For each line below that holds "unfoldable", return the line as it stands.

## DATA SHOWN

┌──

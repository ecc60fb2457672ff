-- ===== src/Storage/Services.antt =====
-- The overview of the services (internal/storage/repository.go: QueryServices).
-- DISTINCT ON (service_name, metric_name) keeps the first row of each series in the order of the
-- timestamps, newest first. MAX of texts follows the collation of the database, a parameter.
pub mod Series
pub mod Hosts
pub mod Heirs
pub mod Groups
pub mod Overview
use vkr_public.Base.{
  ◌≡◌, ◌⊎◌, ℕ, String, Bool, true, false, Option, none, some, List, [], ◌∷◌, ◌==◌, ◌&&◌, leb, map,
  if◌then◌else◌, StringMap, lookup,
}
use vkr_public.Float64.{Float64, ltf, is_nan, zero_f}
use vkr_public.Instant.{Time}
use vkr_public.Storage.Select.{where_rows, order_by, newest, distinct_on, aggregate}
use vkr_public.Storage.Tables.{MetricPoint, Tables, Link}
use vkr_public.Storage.Queries.{answered}

pub record ServiceInfo : Type 0 where
  pub service_name : String
  pub host : String
  pub last_seen : Time
  pub cpu : Float64
  pub mem : Float64
  pub disk : Float64

-- The larger of two texts, which is one of them.
pub record Collation : Type 0 where
  pub larger : String → String → String
  pub larger_choice : (s t : String) → (larger s t ≡ s) ⊎ (larger s t ≡ t)

-- MAX of float8, where NaN is the largest.
unfoldable pub larger_float : Float64 → Float64 → Float64
larger_float x y = if is_nan x then x else if is_nan y then y else if ltf x y then y else x

unfoldable pub larger_time : Time → Time → Time
larger_time s t = if leb s t then t else s

abbrev pub coalesce {ℓ} : {A : Type ℓ} → Option A → A → A
coalesce none d = d
coalesce (some a) d = a

abbrev pub same_series : MetricPoint → MetricPoint → Bool
same_series m n = m.service_name == n.service_name && m.metric_name == n.metric_name

abbrev pub same_service : MetricPoint → MetricPoint → Bool
same_service m n = m.service_name == n.service_name

-- The common table expression `latest`.
unfoldable pub latest_points : List MetricPoint → List MetricPoint
unfolding order_by distinct_on
latest_points ms = distinct_on same_series (order_by (newest (λ m. m.timestamp)) ms)

-- labels->>'host', which is null where there is none.
abbrev pub host_label : StringMap → Option String
host_label none = none
host_label (some m) = lookup "host" m

abbrev with_host : Option String → List String → List String
with_host none hosts = hosts
with_host (some h) hosts = h ∷ hosts

-- An aggregate skips nulls.
unfoldable pub hosts_of : List MetricPoint → List String
unfolding lookup
hosts_of [] = []
hosts_of (m ∷ ms) = with_host (host_label m.labels) (hosts_of ms)

abbrev pub is_metric : String → MetricPoint → Bool
is_metric name m = m.metric_name == name

-- COALESCE(MAX(value) FILTER (WHERE metric_name = name), 0)
unfoldable pub filtered_max : String → List MetricPoint → Float64
unfolding aggregate where_rows
filtered_max name group =
    coalesce (aggregate larger_float (map (λ m. m.value) (where_rows (is_metric name) group)))
      zero_f

-- A group has a row, so the zero time stands for no answer of the query.
unfoldable pub last_seen_of : List MetricPoint → Time
unfolding aggregate
last_seen_of group = coalesce (aggregate larger_time (map (λ m. m.timestamp) group)) 0

unfoldable pub summary : Collation → String → List MetricPoint → ServiceInfo
unfolding filtered_max last_seen_of hosts_of
summary larger_text service group = record {
  service_name = service;
  host = coalesce (aggregate larger_text.larger (hosts_of group)) "";
  last_seen = last_seen_of group;
  cpu = filtered_max "cpu_usage_percent" group;
  mem = filtered_max "mem_usage_percent" group;
  disk = filtered_max "disk_usage_percent" group;
}

abbrev pub of_service : String → MetricPoint → Bool
of_service service m = m.service_name == service

-- GROUP BY service_name: one row for the first point of each service.
unfoldable pub grouped : Collation → List MetricPoint → List ServiceInfo
unfolding summary distinct_on where_rows
grouped larger_text ms =
    map (λ m. summary larger_text m.service_name (where_rows (of_service m.service_name) ms))
      (distinct_on same_service ms)

unfoldable pub query_services : Collation → Link → Tables → Option (List ServiceInfo)
unfolding latest_points grouped order_by
query_services larger_text link db =
    answered link
      (order_by (newest (λ r. r.last_seen)) (grouped larger_text (latest_points db.metrics)))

└──

## EXERCISE SOLUTION
unfoldable pub larger_float : Float64 → Float64 → Float64
unfoldable pub larger_time : Time → Time → Time
unfoldable pub latest_points : List MetricPoint → List MetricPoint
unfoldable pub hosts_of : List MetricPoint → List String
unfoldable pub filtered_max : String → List MetricPoint → Float64
unfoldable pub last_seen_of : List MetricPoint → Time
unfoldable pub summary : Collation → String → List MetricPoint → ServiceInfo
unfoldable pub grouped : Collation → List MetricPoint → List ServiceInfo
unfoldable pub query_services : Collation → Link → Tables → Option (List ServiceInfo)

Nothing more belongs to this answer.